薛凌能清晰的知道,這聲大哥是在喊她,仍不屑於回答,輕哼一聲看向江玉楓道:“如何,能去了麼。”

“世間竟有如此相像之人”。江玉楓倒是誇得真誠。

可薛凌與薛璃一母同胞,本就該相像。她未與江玉楓相爭,進裡屋換回衣服,出來又聊了些瑣碎處,直至江玉楓開口說應該再無紕漏了,薛凌道:“就這麼着吧,我起的晚,手笨拙,你明日早些差個人來替我打理一下。”

其實她穿男裝原該更順手些,畢竟幼來如此慣了。不過正如江玉楓所言,大家一別數載,薛璃在江府裡頭養尊處優,本又是個男子,身量是較於薛凌更闊一些。
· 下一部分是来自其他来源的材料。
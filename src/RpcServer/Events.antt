-- ===== src/RpcServer/Events.antt =====
-- src/RpcServer.cpp: what happens to a server, as a run of events.
use my_rpc_project.Base.{ℕ, zero, suc, Bool, List, [], ◌∷◌, Option, none, some}
use my_rpc_project.Protocol.{Status}
use my_rpc_project.Framer.{Message}
use my_rpc_project.Serializer.{Value}
use my_rpc_project.RpcServer.{
  RpcServer, Delivery, RequestContext, on_message, handle_request, on_done, begin_stop,
}

abbrev pub put_back : {A : Type 0} → A → Option (A × List A) → Option (A × List A)
put_back x none = none
put_back x (some (y, ys)) = some (y, x ∷ ys)

-- The member at a position, and the list without it.
unfoldable pub take_at : {A : Type 0} → ℕ → List A → Option (A × List A)
take_at i [] = none
take_at zero (x ∷ xs) = some (x, xs)
take_at (suc i) (x ∷ xs) = put_back x (take_at i xs)

-- A frame is received; the executor runs one of its tasks; a handler calls its `done`; the shutdown
-- begins.
pub data Event : Type 0 where
  receives : (conn : ℕ) → Message → Event
  executes : (i fresh now : ℕ) → Event
  finishes : (i : ℕ) → Status → Value → (now : ℕ) → (alive : Bool) → Event
  begins_stop : Event

-- An executed task is taken off the list.
unfoldable pub execute : RpcServer → Option (Delivery × List Delivery) → ℕ → ℕ → RpcServer
execute s none fresh now = s
execute s (some (d, rest)) fresh now = handle_request (record s { tasks = rest }) d fresh now

unfoldable pub finish :
    RpcServer
    → Option (RequestContext × List RequestContext)
    → Status
    → Value
    → ℕ
    → Bool
    → RpcServer
finish s none status response now alive = s
finish s (some (ctx, rest)) status response now alive =
    on_done (record s { running = rest }) ctx status response now alive

unfoldable pub step : RpcServer → Event → RpcServer
unfolding execute finish
step s (receives conn m) = on_message s conn m
step s (executes i fresh now) = execute s (take_at i s.tasks) fresh now
step s (finishes i status response now alive) =
    finish s (take_at i s.running) status response now alive
step s begins_stop = begin_stop s

unfoldable pub run : RpcServer → List Event → RpcServer
unfolding step
run s [] = s
run s (e ∷ es) = run (step s e) es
爲防露餡,上朝所用的服飾,仍用的是薛璃的身量,裡頭不合適之處,只能用填布等法子取巧彌補。這些還在其次,更重要的是弓匕那會提了一句“小姐的臉也得改改”。薛凌聽出是要易容,她不會這茬,乾脆叫江玉楓備着人送佛送到西。

江玉楓本意如此,隨即道:“那是當然”。她起身邊走。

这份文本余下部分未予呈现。